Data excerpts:
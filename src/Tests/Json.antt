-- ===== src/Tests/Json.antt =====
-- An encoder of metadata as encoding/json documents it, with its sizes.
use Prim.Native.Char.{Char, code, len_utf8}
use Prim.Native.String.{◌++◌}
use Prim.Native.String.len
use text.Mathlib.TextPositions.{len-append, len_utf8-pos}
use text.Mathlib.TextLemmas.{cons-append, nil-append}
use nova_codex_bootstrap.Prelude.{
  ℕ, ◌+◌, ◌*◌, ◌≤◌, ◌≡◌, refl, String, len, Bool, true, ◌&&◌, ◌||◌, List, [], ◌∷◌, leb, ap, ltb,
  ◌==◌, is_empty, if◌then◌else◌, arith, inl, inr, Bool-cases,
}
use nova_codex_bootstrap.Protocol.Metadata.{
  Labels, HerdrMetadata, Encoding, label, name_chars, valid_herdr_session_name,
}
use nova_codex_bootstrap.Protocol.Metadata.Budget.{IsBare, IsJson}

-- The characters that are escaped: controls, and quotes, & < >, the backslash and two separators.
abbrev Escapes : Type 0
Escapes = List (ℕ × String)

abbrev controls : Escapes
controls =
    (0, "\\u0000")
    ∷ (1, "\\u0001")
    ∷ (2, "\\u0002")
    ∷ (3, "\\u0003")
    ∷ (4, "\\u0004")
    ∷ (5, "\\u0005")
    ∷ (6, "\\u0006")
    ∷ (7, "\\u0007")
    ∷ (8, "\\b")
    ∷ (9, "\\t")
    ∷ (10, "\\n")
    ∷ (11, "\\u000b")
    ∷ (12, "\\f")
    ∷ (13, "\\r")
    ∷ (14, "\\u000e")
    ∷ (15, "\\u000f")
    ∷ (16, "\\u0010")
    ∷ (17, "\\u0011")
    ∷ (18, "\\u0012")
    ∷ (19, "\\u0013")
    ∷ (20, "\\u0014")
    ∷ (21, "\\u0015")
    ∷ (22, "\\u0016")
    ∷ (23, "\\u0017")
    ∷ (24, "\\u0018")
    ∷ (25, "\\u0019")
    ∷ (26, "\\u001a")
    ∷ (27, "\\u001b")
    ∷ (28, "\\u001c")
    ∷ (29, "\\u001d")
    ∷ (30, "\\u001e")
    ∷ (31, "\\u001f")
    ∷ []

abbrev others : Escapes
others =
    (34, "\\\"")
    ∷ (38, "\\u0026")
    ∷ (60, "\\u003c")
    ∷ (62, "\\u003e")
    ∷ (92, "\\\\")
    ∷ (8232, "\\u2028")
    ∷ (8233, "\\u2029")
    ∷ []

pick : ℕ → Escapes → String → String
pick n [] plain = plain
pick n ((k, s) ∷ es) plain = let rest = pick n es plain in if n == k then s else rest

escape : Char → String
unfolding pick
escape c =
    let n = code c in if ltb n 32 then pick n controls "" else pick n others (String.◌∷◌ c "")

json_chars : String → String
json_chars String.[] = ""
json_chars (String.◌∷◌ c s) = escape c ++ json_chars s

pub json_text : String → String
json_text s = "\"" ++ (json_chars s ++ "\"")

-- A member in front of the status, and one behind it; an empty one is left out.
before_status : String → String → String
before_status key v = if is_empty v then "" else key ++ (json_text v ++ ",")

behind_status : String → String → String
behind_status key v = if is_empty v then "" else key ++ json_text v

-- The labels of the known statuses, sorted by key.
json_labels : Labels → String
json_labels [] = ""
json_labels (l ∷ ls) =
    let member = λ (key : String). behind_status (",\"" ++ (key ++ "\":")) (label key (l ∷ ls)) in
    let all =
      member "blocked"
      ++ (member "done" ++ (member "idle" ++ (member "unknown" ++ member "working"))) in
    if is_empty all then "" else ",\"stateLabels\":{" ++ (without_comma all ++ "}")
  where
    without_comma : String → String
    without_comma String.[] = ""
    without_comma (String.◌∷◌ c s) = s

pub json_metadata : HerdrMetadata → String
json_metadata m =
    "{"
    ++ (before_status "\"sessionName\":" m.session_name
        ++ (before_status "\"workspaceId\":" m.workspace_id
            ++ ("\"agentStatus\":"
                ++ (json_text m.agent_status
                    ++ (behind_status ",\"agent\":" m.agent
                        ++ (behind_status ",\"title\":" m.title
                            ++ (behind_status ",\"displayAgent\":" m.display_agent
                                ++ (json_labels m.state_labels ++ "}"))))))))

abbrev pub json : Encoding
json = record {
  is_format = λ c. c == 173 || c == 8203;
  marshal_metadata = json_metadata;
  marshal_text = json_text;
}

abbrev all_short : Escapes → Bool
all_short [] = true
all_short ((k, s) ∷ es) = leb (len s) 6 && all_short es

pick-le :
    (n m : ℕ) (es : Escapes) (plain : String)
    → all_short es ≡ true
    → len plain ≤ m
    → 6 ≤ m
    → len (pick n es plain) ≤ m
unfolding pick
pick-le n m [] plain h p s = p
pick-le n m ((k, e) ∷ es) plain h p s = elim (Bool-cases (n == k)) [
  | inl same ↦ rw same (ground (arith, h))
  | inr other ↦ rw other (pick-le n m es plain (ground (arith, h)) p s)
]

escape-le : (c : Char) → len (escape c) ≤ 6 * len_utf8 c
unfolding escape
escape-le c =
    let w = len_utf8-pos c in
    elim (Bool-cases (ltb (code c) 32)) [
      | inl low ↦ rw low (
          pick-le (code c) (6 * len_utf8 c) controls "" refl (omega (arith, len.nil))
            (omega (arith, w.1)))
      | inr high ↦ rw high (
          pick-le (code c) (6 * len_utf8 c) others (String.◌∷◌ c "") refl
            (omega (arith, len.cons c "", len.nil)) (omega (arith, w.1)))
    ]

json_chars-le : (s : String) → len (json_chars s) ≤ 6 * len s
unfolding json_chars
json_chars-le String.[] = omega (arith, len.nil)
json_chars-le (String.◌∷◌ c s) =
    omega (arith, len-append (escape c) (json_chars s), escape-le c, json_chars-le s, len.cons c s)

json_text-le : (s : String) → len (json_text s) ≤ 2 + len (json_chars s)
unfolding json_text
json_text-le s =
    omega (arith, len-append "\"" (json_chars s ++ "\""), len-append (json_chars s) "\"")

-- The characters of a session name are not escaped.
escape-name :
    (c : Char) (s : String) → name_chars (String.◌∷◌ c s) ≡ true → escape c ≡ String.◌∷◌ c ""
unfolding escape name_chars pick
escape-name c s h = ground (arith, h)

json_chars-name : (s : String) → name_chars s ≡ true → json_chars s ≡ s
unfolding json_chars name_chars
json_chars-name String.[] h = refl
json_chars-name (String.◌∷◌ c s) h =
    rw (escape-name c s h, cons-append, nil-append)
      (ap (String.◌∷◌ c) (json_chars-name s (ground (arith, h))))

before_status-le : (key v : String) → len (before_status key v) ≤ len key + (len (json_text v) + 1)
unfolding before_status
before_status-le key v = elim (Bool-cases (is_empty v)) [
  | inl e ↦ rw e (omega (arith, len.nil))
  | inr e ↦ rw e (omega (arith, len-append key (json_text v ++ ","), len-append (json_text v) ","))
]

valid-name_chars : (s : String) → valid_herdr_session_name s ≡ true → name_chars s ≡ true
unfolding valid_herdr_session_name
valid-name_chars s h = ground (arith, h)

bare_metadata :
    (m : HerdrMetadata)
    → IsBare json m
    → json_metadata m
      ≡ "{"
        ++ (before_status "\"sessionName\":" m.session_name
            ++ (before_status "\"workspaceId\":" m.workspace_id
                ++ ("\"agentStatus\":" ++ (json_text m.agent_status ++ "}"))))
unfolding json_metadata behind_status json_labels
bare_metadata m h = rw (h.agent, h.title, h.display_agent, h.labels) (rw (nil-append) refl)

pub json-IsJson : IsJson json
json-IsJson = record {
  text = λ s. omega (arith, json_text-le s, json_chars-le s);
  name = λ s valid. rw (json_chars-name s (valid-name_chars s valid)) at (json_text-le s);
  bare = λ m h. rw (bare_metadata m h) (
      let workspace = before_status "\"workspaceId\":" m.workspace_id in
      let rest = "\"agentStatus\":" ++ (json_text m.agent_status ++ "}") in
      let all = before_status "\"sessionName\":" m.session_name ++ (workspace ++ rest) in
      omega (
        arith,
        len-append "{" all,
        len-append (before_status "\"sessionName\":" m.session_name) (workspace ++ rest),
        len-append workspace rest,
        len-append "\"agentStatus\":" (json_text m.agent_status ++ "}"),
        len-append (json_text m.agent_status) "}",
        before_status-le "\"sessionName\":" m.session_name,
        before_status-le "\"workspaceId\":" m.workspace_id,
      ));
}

* **What to work on**: Only the number is wanted: count the lines of the records that hold the word "Prim".

* **Answer for this exercise**: 3